_Problem requirements:_ Copy exactly the lines of the data below that run from the line holding "reserve = 0;" through the line holding "-- The interpreter agrees", both ends included.
# # # #
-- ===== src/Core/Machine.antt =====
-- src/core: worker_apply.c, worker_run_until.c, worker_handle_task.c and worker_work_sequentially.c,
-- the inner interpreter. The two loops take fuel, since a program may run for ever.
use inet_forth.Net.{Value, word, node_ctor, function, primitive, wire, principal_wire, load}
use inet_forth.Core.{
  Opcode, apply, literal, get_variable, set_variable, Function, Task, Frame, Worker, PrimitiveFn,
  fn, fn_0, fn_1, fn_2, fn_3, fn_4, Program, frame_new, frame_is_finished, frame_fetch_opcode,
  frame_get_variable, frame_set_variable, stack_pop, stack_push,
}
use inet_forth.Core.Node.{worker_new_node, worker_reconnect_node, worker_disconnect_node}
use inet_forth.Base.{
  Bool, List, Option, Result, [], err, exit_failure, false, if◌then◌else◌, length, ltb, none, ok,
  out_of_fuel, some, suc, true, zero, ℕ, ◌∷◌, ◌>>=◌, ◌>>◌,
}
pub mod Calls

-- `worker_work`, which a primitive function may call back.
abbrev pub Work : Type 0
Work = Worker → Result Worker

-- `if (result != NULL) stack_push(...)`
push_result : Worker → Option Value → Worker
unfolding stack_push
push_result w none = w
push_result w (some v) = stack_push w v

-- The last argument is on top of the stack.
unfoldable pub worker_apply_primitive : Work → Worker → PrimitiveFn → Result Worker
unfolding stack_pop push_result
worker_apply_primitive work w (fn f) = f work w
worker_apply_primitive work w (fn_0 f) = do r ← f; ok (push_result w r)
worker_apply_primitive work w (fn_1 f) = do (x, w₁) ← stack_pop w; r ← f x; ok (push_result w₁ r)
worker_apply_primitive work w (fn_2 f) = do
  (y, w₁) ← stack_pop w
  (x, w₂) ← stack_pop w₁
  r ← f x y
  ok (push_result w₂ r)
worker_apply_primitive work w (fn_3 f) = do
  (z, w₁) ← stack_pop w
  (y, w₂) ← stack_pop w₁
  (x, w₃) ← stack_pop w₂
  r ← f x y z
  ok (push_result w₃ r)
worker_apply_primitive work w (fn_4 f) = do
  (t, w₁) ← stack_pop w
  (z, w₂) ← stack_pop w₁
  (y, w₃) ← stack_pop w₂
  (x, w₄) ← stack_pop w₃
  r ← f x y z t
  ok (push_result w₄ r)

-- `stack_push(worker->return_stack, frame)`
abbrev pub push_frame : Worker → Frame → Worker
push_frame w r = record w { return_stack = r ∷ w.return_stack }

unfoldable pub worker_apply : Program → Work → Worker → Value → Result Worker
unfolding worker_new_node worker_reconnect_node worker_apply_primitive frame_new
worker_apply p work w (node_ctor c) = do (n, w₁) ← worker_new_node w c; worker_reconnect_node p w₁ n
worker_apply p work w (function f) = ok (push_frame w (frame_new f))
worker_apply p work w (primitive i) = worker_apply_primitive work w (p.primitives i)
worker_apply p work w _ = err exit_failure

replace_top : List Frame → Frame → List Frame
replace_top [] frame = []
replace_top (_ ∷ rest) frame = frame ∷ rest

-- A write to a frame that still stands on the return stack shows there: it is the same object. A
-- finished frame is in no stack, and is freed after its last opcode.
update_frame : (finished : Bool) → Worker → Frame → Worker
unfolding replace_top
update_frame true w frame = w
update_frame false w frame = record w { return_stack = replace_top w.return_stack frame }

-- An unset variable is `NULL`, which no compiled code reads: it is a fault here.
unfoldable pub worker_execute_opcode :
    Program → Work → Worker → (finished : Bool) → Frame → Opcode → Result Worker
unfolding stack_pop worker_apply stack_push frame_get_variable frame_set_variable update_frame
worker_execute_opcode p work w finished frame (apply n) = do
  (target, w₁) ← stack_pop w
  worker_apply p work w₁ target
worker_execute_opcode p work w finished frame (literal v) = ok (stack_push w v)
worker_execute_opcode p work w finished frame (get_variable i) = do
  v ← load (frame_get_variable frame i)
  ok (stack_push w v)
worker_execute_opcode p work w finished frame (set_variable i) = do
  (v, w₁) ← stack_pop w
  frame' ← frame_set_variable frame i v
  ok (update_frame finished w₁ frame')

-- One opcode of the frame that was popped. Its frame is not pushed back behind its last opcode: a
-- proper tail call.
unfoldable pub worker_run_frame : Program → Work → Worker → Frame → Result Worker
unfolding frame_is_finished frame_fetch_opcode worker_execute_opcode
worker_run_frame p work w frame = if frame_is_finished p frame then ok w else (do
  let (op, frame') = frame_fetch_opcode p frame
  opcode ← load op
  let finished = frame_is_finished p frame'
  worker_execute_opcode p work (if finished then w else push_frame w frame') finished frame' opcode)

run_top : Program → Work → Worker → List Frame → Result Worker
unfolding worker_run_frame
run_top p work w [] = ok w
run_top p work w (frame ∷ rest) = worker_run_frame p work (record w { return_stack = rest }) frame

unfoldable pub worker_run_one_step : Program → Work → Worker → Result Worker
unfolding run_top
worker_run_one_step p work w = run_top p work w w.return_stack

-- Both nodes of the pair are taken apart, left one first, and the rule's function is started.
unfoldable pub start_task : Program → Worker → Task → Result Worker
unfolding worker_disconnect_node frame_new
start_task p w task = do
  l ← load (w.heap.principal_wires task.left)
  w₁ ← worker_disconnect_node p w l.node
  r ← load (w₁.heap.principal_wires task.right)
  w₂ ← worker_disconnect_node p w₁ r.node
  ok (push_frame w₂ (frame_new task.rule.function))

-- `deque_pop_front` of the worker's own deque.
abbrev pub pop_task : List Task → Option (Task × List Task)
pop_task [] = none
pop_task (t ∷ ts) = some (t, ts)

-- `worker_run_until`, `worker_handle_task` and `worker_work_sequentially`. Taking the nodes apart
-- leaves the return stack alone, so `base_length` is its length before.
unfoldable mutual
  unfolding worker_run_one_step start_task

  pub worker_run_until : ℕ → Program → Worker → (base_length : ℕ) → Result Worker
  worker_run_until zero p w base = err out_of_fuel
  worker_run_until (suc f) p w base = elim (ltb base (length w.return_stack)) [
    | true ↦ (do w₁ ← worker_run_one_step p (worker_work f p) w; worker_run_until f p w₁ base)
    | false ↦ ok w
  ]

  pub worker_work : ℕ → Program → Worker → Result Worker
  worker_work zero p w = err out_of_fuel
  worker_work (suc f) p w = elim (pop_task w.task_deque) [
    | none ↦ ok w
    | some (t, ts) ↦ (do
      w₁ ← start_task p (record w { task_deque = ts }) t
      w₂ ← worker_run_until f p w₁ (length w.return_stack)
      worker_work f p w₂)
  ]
# # # #
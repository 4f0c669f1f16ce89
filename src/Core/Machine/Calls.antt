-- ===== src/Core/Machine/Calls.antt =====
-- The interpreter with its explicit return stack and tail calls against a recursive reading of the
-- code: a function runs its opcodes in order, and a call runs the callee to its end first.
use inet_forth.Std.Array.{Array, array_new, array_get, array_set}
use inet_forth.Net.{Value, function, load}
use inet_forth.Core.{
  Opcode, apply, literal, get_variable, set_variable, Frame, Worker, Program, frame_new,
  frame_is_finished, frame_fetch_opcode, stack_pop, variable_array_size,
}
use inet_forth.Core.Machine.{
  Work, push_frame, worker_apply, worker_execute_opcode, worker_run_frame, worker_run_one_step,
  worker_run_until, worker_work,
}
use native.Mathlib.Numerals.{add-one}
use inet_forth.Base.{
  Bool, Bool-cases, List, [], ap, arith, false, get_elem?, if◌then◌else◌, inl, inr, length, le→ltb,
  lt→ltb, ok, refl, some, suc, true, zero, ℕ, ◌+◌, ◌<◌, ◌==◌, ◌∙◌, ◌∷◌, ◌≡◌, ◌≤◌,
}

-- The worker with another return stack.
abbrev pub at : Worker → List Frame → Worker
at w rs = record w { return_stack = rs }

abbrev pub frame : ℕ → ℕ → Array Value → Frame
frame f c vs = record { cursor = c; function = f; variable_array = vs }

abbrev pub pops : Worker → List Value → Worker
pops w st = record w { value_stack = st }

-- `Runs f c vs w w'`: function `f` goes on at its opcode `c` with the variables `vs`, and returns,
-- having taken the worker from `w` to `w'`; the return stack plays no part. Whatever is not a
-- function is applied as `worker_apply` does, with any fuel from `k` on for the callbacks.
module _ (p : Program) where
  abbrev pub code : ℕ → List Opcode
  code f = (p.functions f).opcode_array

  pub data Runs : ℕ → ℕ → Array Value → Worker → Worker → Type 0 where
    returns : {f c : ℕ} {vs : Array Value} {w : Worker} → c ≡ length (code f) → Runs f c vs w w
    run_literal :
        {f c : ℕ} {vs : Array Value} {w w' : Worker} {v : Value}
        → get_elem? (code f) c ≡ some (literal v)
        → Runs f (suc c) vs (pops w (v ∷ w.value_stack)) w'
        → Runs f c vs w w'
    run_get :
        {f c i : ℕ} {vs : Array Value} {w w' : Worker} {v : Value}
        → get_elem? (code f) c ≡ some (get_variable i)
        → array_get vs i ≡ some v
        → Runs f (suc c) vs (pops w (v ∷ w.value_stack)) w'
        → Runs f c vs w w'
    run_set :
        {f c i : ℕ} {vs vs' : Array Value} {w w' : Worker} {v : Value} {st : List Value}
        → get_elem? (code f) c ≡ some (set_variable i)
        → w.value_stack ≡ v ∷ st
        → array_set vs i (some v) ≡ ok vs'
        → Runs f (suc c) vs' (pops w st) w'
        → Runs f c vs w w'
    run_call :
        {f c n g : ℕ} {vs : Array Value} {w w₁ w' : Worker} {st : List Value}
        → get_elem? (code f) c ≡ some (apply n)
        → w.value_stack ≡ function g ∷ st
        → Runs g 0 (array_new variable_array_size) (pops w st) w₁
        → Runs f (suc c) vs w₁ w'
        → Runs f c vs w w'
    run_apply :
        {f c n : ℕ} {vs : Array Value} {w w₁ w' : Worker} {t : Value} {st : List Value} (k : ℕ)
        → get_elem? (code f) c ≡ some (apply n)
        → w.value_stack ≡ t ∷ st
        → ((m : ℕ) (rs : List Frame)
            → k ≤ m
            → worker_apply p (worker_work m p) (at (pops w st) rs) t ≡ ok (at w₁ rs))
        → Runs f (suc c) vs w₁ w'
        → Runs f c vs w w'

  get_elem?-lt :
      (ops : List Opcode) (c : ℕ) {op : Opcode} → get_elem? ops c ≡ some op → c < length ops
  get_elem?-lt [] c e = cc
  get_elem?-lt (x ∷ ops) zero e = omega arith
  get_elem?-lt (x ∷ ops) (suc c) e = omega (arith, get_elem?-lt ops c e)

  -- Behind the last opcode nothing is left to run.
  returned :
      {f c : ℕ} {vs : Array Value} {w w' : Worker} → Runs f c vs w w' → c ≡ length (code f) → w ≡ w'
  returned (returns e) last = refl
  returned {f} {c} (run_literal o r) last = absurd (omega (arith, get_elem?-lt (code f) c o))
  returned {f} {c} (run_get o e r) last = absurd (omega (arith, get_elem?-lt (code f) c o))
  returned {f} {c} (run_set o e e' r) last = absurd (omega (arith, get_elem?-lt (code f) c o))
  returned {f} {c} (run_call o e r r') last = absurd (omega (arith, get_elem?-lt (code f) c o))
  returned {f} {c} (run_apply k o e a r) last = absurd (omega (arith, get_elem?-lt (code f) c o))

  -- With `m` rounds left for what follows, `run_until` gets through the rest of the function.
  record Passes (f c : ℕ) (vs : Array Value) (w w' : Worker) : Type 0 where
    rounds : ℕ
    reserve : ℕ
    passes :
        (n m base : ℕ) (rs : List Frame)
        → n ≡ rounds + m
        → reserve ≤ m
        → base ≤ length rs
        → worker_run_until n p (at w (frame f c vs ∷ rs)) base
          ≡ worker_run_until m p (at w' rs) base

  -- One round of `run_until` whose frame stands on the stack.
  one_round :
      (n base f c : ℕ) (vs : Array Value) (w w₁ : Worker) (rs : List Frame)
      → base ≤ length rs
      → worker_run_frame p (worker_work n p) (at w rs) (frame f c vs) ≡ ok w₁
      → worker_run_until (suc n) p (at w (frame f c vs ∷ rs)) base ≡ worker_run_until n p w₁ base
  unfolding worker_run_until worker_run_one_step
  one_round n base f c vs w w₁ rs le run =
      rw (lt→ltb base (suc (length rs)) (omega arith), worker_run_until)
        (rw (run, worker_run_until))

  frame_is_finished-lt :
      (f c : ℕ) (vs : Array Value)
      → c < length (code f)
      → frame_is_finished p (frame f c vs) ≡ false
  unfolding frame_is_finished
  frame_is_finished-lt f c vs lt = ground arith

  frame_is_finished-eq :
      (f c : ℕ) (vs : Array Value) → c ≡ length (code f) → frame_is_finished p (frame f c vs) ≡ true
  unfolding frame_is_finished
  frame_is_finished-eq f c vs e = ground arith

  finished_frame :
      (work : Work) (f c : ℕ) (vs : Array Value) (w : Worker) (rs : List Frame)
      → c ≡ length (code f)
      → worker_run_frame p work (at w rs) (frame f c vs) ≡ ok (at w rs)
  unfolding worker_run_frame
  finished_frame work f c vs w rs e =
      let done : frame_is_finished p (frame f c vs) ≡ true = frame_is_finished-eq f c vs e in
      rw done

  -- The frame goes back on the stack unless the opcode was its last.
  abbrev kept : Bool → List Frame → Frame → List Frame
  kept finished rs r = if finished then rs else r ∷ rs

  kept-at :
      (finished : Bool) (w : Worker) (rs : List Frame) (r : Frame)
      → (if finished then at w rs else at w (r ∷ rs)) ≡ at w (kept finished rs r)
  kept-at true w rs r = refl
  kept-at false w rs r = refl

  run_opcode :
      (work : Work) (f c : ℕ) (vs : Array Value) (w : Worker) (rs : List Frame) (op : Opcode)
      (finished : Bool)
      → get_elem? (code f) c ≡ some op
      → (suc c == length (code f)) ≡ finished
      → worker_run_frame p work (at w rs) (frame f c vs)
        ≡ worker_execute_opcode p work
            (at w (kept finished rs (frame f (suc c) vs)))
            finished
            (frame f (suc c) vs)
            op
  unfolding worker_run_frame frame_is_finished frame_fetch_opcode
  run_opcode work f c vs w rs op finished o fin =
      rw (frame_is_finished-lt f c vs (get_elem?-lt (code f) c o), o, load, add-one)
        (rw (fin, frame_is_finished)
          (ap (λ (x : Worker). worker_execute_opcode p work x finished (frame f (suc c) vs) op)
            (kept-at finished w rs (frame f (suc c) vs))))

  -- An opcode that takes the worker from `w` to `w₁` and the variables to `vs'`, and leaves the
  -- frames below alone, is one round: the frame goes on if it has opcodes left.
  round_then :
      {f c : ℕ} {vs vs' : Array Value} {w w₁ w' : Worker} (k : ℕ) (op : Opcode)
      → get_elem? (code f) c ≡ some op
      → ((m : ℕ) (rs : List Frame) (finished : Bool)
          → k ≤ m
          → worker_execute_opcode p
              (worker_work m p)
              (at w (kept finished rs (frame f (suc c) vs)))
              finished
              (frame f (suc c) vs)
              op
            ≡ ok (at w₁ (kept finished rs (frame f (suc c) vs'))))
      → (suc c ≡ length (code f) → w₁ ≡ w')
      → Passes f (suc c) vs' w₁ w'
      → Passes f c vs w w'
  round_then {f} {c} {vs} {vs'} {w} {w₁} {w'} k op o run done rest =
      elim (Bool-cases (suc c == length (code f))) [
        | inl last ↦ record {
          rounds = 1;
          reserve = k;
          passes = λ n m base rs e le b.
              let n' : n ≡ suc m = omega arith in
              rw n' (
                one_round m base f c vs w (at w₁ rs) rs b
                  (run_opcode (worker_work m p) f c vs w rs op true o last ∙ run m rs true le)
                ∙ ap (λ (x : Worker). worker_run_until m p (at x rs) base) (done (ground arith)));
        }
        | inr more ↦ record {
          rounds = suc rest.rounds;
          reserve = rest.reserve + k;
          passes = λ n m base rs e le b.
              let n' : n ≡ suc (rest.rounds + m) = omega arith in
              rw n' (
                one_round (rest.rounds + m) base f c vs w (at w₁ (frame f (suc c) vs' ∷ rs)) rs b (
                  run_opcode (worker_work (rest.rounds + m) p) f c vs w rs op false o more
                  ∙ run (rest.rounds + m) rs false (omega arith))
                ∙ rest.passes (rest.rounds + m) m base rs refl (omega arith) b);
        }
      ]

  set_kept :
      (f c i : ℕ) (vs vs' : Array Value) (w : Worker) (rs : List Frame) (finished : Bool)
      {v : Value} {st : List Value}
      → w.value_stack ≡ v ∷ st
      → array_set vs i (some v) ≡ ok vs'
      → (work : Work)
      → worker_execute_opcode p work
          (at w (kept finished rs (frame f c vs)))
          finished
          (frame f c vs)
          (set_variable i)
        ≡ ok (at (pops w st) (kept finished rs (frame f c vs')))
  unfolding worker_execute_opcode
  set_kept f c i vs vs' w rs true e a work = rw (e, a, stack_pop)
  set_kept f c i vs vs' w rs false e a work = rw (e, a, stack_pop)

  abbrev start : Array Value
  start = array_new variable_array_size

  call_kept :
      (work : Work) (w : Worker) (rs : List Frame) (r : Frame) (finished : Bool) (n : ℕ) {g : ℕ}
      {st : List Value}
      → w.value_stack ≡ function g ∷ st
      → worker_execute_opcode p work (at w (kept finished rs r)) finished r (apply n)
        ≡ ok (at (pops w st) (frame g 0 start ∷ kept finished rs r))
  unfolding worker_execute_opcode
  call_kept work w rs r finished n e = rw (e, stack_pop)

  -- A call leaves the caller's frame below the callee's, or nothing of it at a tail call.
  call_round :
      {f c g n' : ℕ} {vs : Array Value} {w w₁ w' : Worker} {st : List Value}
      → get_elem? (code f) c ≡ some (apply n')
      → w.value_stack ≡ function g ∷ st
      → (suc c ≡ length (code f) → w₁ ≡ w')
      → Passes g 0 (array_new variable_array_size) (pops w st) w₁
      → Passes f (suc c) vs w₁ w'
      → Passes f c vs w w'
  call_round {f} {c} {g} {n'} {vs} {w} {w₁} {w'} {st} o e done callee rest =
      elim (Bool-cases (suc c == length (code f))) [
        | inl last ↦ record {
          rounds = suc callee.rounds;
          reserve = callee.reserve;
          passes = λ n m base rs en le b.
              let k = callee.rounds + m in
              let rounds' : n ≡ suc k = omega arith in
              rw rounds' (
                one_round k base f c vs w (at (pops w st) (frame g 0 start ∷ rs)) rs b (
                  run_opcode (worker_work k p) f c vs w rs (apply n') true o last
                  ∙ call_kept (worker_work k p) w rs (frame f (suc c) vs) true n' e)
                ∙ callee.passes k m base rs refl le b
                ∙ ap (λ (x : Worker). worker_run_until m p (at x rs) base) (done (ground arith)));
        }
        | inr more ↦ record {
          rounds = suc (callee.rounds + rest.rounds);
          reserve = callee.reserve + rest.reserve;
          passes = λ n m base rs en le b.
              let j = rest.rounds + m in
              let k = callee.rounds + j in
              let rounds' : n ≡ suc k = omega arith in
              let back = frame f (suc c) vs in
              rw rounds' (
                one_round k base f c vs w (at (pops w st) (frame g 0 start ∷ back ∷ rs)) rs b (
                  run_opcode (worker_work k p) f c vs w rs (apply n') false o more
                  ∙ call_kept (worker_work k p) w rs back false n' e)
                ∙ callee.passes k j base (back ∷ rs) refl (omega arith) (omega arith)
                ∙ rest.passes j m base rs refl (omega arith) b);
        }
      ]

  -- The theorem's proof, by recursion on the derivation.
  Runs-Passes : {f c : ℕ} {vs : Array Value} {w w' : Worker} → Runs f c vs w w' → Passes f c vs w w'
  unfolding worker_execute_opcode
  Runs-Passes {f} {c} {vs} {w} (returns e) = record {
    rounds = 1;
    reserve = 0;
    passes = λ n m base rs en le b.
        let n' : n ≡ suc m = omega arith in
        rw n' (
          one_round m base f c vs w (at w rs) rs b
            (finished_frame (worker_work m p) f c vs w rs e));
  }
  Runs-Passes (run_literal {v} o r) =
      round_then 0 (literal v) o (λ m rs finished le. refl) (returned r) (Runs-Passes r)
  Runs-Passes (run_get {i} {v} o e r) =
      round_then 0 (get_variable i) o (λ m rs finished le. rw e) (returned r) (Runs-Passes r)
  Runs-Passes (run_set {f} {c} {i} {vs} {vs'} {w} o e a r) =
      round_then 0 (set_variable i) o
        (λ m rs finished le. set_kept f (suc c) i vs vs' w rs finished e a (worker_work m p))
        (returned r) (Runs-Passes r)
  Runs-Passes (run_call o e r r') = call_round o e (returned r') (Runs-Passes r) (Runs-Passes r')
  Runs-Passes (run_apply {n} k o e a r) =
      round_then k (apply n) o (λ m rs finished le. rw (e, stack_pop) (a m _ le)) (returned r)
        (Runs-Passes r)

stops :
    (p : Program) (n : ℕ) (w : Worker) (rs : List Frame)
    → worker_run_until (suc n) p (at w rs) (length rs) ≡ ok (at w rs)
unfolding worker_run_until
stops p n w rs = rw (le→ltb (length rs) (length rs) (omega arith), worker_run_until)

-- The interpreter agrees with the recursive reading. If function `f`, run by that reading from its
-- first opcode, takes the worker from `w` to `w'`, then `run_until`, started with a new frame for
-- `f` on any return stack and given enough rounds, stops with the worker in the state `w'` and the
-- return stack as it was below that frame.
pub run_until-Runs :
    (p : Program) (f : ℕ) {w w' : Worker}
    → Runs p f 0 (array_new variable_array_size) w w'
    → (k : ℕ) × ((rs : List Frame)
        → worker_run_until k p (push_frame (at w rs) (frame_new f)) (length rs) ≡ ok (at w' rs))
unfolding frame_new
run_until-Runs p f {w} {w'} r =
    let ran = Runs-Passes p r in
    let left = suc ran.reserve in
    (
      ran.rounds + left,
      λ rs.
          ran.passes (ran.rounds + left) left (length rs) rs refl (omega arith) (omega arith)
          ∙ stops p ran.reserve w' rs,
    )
# # # #
_Solution to the exercise:_
    reserve = 0;
    passes = λ n m base rs en le b.
        let n' : n ≡ suc m = omega arith in
        rw n' (
          one_round m base f c vs w (at w rs) rs b
            (finished_frame (worker_work m p) f c vs w rs e));
  }
  Runs-Passes (run_literal {v} o r) =
      round_then 0 (literal v) o (λ m rs finished le. refl) (returned r) (Runs-Passes r)
  Runs-Passes (run_get {i} {v} o e r) =
      round_then 0 (get_variable i) o (λ m rs finished le. rw e) (returned r) (Runs-Passes r)
  Runs-Passes (run_set {f} {c} {i} {vs} {vs'} {w} o e a r) =
      round_then 0 (set_variable i) o
        (λ m rs finished le. set_kept f (suc c) i vs vs' w rs finished e a (worker_work m p))
        (returned r) (Runs-Passes r)
  Runs-Passes (run_call o e r r') = call_round o e (returned r') (Runs-Passes r) (Runs-Passes r')
  Runs-Passes (run_apply {n} k o e a r) =
      round_then k (apply n) o (λ m rs finished le. rw (e, stack_pop) (a m _ le)) (returned r)
        (Runs-Passes r)

stops :
    (p : Program) (n : ℕ) (w : Worker) (rs : List Frame)
    → worker_run_until (suc n) p (at w rs) (length rs) ≡ ok (at w rs)
unfolding worker_run_until
stops p n w rs = rw (le→ltb (length rs) (length rs) (omega arith), worker_run_until)

-- The interpreter agrees with the recursive reading. If function `f`, run by that reading from its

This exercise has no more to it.